Pour ne rien arranger au problème, beaucoup, lorsqu’ils prennent l’affaire en main, veulent amener à déconstruire des a priori nourris selon eux par leur amie, parente ou connaissance.
1) Les femmes célibataires occultent le mariage au profit de leurs études et leur carrière
En tête des préjugés, mentionnons l’idée selon laquelle les jeunes personnes n’auraient pas les bonnes priorités : le mariage devrait rester dans la ligne de mire de tous, mais les études et une ambition professionnelle déraisonnables détournent de préoccupations plus louables. Derrière ce reproche, aussi, émerge un choix plus profond : les jeunes personnes défendraient l’individualisme au détriment de l’élaboration d’un avenir à deux.

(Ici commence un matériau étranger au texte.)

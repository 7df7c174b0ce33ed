-- ===== src/Crypt/Password/Setting.antt =====
-- kernel/sys.c: which keys `sys_set_key` takes, and what it leaves in `global_key`.
use linux_0_01raf.Prelude.{
  ℕ, zero, suc, ◌+◌, ◌-◌, ◌≤◌, ◌<◌, ◌≡◌, ◌∙◌, ap, sym, refl, ◌⊎◌, inl, inr, Bool, true, false, ◌||◌,
  none, some, List, [], ◌∷◌, ◌++◌, arith, ltb, Bool-cases, length, length-replicate, set, drop,
  replicate,
}
use mathlib.Core.List.{append_assoc}
use linux_0_01raf.Crypt.Password.{
  Keys, returns, stray, pow_loop, pow_check, clear_loop, clear_key, write_key, sys_set_key,
}

-- the lengths that `pow_check` takes
pow_check_lem : (len : ℕ) → pow_check len ≡ true → (len ≤ 64) ⊎ ((128 ≤ len) × (len ≤ 512))
unfolding pow_check pow_loop
pow_check_lem len h = ground arith

set-append : (pre l : List ℕ) (v w : ℕ) → set (pre ++ (w ∷ l)) (length pre) v ≡ pre ++ (v ∷ l)
set-append [] l v w = refl
set-append (x ∷ pre) l v w = ap (◌∷◌ x) (set-append pre l v w)

length-snoc : (pre : List ℕ) (v : ℕ) → length (pre ++ (v ∷ [])) ≡ suc (length pre)
length-snoc [] v = refl
length-snoc (x ∷ pre) v = ap suc (length-snoc pre v)

-- clearing goes over the rest of the array
clear_loop_lem :
    (pre l : List ℕ) → clear_loop (length l) (length pre) (pre ++ l) ≡ pre ++ replicate (length l) 0
unfolding clear_loop
clear_loop_lem pre [] = refl
clear_loop_lem pre (x ∷ l) =
    ap (clear_loop (length l) (length pre + 1)) (set-append pre l 0 x)
    ∙ ap (λ m. clear_loop (length l) (length pre + 1) m) (sym (append_assoc pre (0 ∷ []) l))
    ∙ ap (λ n. clear_loop (length l) n (pre ++ (0 ∷ []) ++ l)) (omega (arith, length-snoc pre 0))
    ∙ clear_loop_lem (pre ++ (0 ∷ [])) l
    ∙ append_assoc pre (0 ∷ []) (replicate (length l) 0)

-- writing goes over the front of the array
write_key_lem :
    (cs pre l : List ℕ)
    → length cs ≤ length l
    → length pre + length cs ≤ 100
    → write_key cs (length pre) (pre ++ l) ≡ some (pre ++ (cs ++ drop (length cs) l))
unfolding write_key
write_key_lem [] pre l h g = refl
write_key_lem (c ∷ cs) pre [] h g = absurd (omega arith)
write_key_lem (c ∷ cs) pre (x ∷ l) h g =
    let inside : ltb (length pre) 100 ≡ true = ground arith in
    let next =
      write_key_lem cs (pre ++ (c ∷ [])) l (omega arith) (omega (arith, length-snoc pre c)) in
    rw (write_key, inside)
      (ap (write_key cs (length pre + 1)) (set-append pre l c x)
        ∙ ap (write_key cs (length pre + 1)) (sym (append_assoc pre (c ∷ []) l))
        ∙ ap (λ n. write_key cs n (pre ++ (c ∷ []) ++ l)) (omega (arith, length-snoc pre c))
        ∙ next
        ∙ ap some (append_assoc pre (c ∷ []) (cs ++ drop (length cs) l)))

drop-replicate : (n m v : ℕ) → drop n (replicate (n + m) v) ≡ replicate m v
drop-replicate zero m v = let e : 0 + m ≡ m = omega arith in ap (λ k. replicate k v) e
drop-replicate (suc n) m v =
    let e : suc n + m ≡ suc (n + m) = omega arith in
    ap (λ k. drop (suc n) (replicate k v)) e ∙ drop-replicate n m v

write_key_stray :
    (cs : List ℕ) (i : ℕ) (key : List ℕ) → i ≤ 100 → 100 < i + length cs → write_key cs i key ≡ none
unfolding write_key
write_key_stray [] i key a h = absurd (omega arith)
write_key_stray (c ∷ cs) i key a h = elim (Bool-cases (ltb i 100)) [
  | inr e ↦ rw (write_key, e) refl
  | inl e ↦
      rw (write_key, e) (write_key_stray cs (i + 1) (set key i c) (ground arith) (omega arith))
]

or_true : (b : Bool) → (b || true) ≡ true
or_true true = refl
or_true false = refl

-- `sys_set_key` on a key of `length key` bytes, with an array of 100: a length that `pow_check` refuses
-- changes nothing; any other is at most 64, and then the array holds the key and zeros behind it and is
-- marked as set; or it is at least 128, and then the key is written behind the end of the array.
pub sys_set_key_lem :
    (key : List ℕ) (k : Keys)
    → length k.global_key ≡ 100
    → ((pow_check (length key) ≡ false) × (sys_set_key key k ≡ returns k))
      ⊎ ((length key ≤ 64)
          × (sys_set_key key k
              ≡ returns
                  (record { global_key = key ++ replicate (100 - length key) 0; is_key_set = 1 })))
      ⊎ ((128 ≤ length key) × (sys_set_key key k ≡ stray))
unfolding sys_set_key clear_key
sys_set_key_lem key k l = elim (Bool-cases (pow_check (length key))) [
  | inr no_power ↦
      inl (no_power, rw (sys_set_key, no_power) (rw (or_true (ltb 1024 (length key))) refl))
  | inl power ↦ elim (pow_check_lem (length key) power) [
    | inl short ↦
        let small : ltb 1024 (length key) ≡ false = ground arith in
        let front =
          write_key_lem key [] (replicate 100 0) (omega (arith, length-replicate {A = ℕ} 100 0))
            (omega arith) in
        let rest : 100 ≡ length key + (100 - length key) = omega arith in
        let written : write_key key 0 (clear_loop 100 0 k.global_key)
            ≡ some (key ++ replicate (100 - length key) 0) =
          ap (write_key key 0) cleared
          ∙ front
          ∙ ap (λ n. some (key ++ drop (length key) (replicate n 0))) rest
          ∙ ap (λ m. some (key ++ m)) (drop-replicate (length key) (100 - length key) 0) in
        inr (inl (short, rw (sys_set_key, small, power) (rw written refl)))
    | inr (long, most) ↦
        let large : ltb 1024 (length key) ≡ false = ground arith in
        inr (
          inr (
            long,
            rw (sys_set_key, large)
                (rw power (
                  rw
                    (write_key_stray key 0 (clear_loop 100 0 k.global_key) (omega arith)
                      (omega arith))
                    refl)),
          ))
  ]
]
  where
    cleared : clear_loop 100 0 k.global_key ≡ replicate 100 0
    cleared =
        ap (λ n. clear_loop n 0 k.global_key) (sym l)
        ∙ clear_loop_lem [] k.global_key
        ∙ ap (λ n. replicate n 0) l
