-- ===== src/Crypt/Sort.antt =====
-- kernel/sys.c: the key's lower-case copy, and the quicksort that orders its letters.
pub mod Shuffle
pub mod Sorted
use linux_0_01raf.Prelude.{
  ℕ, zero, suc, ◌+◌, ◌-◌, ◌%◌, ◌&&◌, List, [], ◌∷◌, true, false, Bool, ltb, leb, ◌==◌,
  if◌then◌else◌, get_or, set,
}

-- `char` is signed: the place of a byte in the order of `signed char`.
abbrev pub char_rank : ℕ → ℕ
char_rank c = (c + 128) % 256

abbrev pub char_le : ℕ → ℕ → Bool
char_le a b = leb (char_rank a) (char_rank b)

-- the length of the string at the start of an array that holds a NUL
unfoldable pub strlen : List ℕ → ℕ
strlen [] = 0
strlen (c ∷ cs) = if c == 0 then 0 else suc (strlen cs)

unfoldable pub lower : ℕ → ℕ
lower c = if leb 65 c && leb c 90 then c + 32 else c

-- what the loop writes to `new_string`
unfoldable pub to_lower_case : List ℕ → List ℕ
unfolding lower
to_lower_case [] = []
to_lower_case (c ∷ cs) = if c == 0 then [] else lower c ∷ to_lower_case cs

-- the two arrays that the sort permutes together
pub record Arrays : Type 0 where
  pub index_array : List ℕ
  pub global_key_local : List ℕ

abbrev pub key_at : Arrays → ℕ → ℕ
key_at s i = get_or s.global_key_local i 0

abbrev pub index_at : Arrays → ℕ → ℕ
index_at s i = get_or s.index_array i 0

pub swap : List ℕ → ℕ → ℕ → List ℕ
swap xs i j = set (set xs i (get_or xs j 0)) j (get_or xs i 0)

-- the exchange of places `i` and `j` through `tmp` and `numTmp`
pub exchange : ℕ → ℕ → Arrays → Arrays
unfolding swap
exchange i j s = record {
  index_array = swap s.index_array i j;
  global_key_local = swap s.global_key_local i j;
}

-- The loop over `j`. The C variable `i` starts at `low - 1`: here it is kept plus one.
partition_loop : ℕ → ℕ → ℕ → ℕ → Arrays → ℕ × Arrays
partition_loop zero pivot j i s = (i, s)
partition_loop (suc rounds) pivot j i s =
    let keep = char_le (key_at s j) pivot in
    partition_loop rounds pivot (j + 1) (if keep then i + 1 else i)
      (if keep then exchange i j s else s)

pub partition : Arrays → ℕ → ℕ → ℕ × Arrays
unfolding partition_loop
partition s low high =
    let (i, t) = partition_loop (high - low) (key_at s high) low low s in (i, exchange i high t)

-- The C argument `high` can be -1: here it is passed plus one. The fuel bounds the recursion's depth.
pub sort_index_and_global : ℕ → Arrays → ℕ → ℕ → Arrays
sort_index_and_global zero s low end = s
sort_index_and_global (suc fuel) s low end = elim (ltb (low + 1) end) [
  | true ↦
      let (part, t) = partition s low (end - 1) in
      sort_index_and_global fuel (sort_index_and_global fuel t low part) (part + 1) end
  | false ↦ s
]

2) Les femmes célibataires négligent le mariage par insouciance
L’horloge biologique et la crainte des effets de l’âge sont les poncifs des sermons de l’entourage lorsqu’ils cherchent à mettre en garde contre l’insouciance présumée des intéressées. Trop d’insouciance, trop de confiance empêcherait une mesure exacte du temps, des limites du corps. En plus de tremper à l’envi dans un individualisme incontrôlable, les jeunes ignoreraient les évolutions physiologiques, d’autant plus compromettantes pour un mariage lorsqu’il se fait tard.
3) Les femmes célibataires sont trop compliquées
Pour ne rien améliorer, l’ambition stimulée dans le domaine professionnel se reporterait, dans la recherche du mari idéal. Cette transposition présenterait ses failles, car on ne peut mélanger deux sphères qui ne présentent pas, à première vue, les mêmes besoins. C’est là où le bât blesse : les célibataires sont à la poursuite d’un idéal, déconnectées des réalités, incapables de concessions, d’ajuster leurs projets aux occasions à leur portée.
4) Les femmes célibataires ont des blocages irrationnels
A cause des raisons précédemment citées, les femmes célibataires restent sur le carreau. « Elles ont tardé à choisir, et maintenant faire un choix relève de l’impossible » : à force de reporter à plus tard la prise d’une décision fatidique, les célibataires restent éternellement seules. Figées par la crainte d’un saut décisif et irréversible, elles baignent dans la certitude illusoire de faire toujours les bons choix. Elles s’enveloppent dans leur morgue et s’isolent de leur entourage qui, lui, continue d’avancer et de former des projets.
Des préjugés qui ont la peau dure
Résumer le célibat à une affaire d’individualisme débridé, d’égo surdimensionné ou d’insouciance coupable, c’est se détacher des réalités. Croire que le mariage ne fait plus partie des projets de chacune, c’est faire fausse route. S’imaginer que le célibat est un choix pour tout le monde, un mode de vie emprunté aux Occidentaux, inadapté à nos sociétés plus conservatrices, c’est ignorer ou ne pas mesurer pleinement les enjeux de notre époque.
C’est occulter le fait qu’une nouvelle génération émerge, au croisement de plusieurs identités, plusieurs choix de vie, parfois difficiles à prendre (parce que leurs conséquences ne sont jamais certaines, parce qu’ils sont une nouveauté), et que dans ce brouillard épais effaçant toutes les lignes, il est difficile de définir ses propres repères.
Voir plus loin que le bout de son nez
Se définir et s’épanouir en tant que croyante, citoyenne, tante, cousine, enfant ou sœur sont des enjeux de tous les jours. Comptons également les responsabilités de chacun, les histoires individuelles qui vont se nourrir de ces identités. et influencer certains choix. Aussi le choix d’un partenaire devient crucial pour la jeune femme qui jongle avec plusieurs étiquettes à la fois, car elle a besoin d’être reconnue dans sa diversité par la personne qu’elle choisira. Il est bon de nommer les choses comme elles sont, d’observer les situations dans une perspective plus large. Et, surtout, de demander la permission de s’impliquer dans la vie de chacun.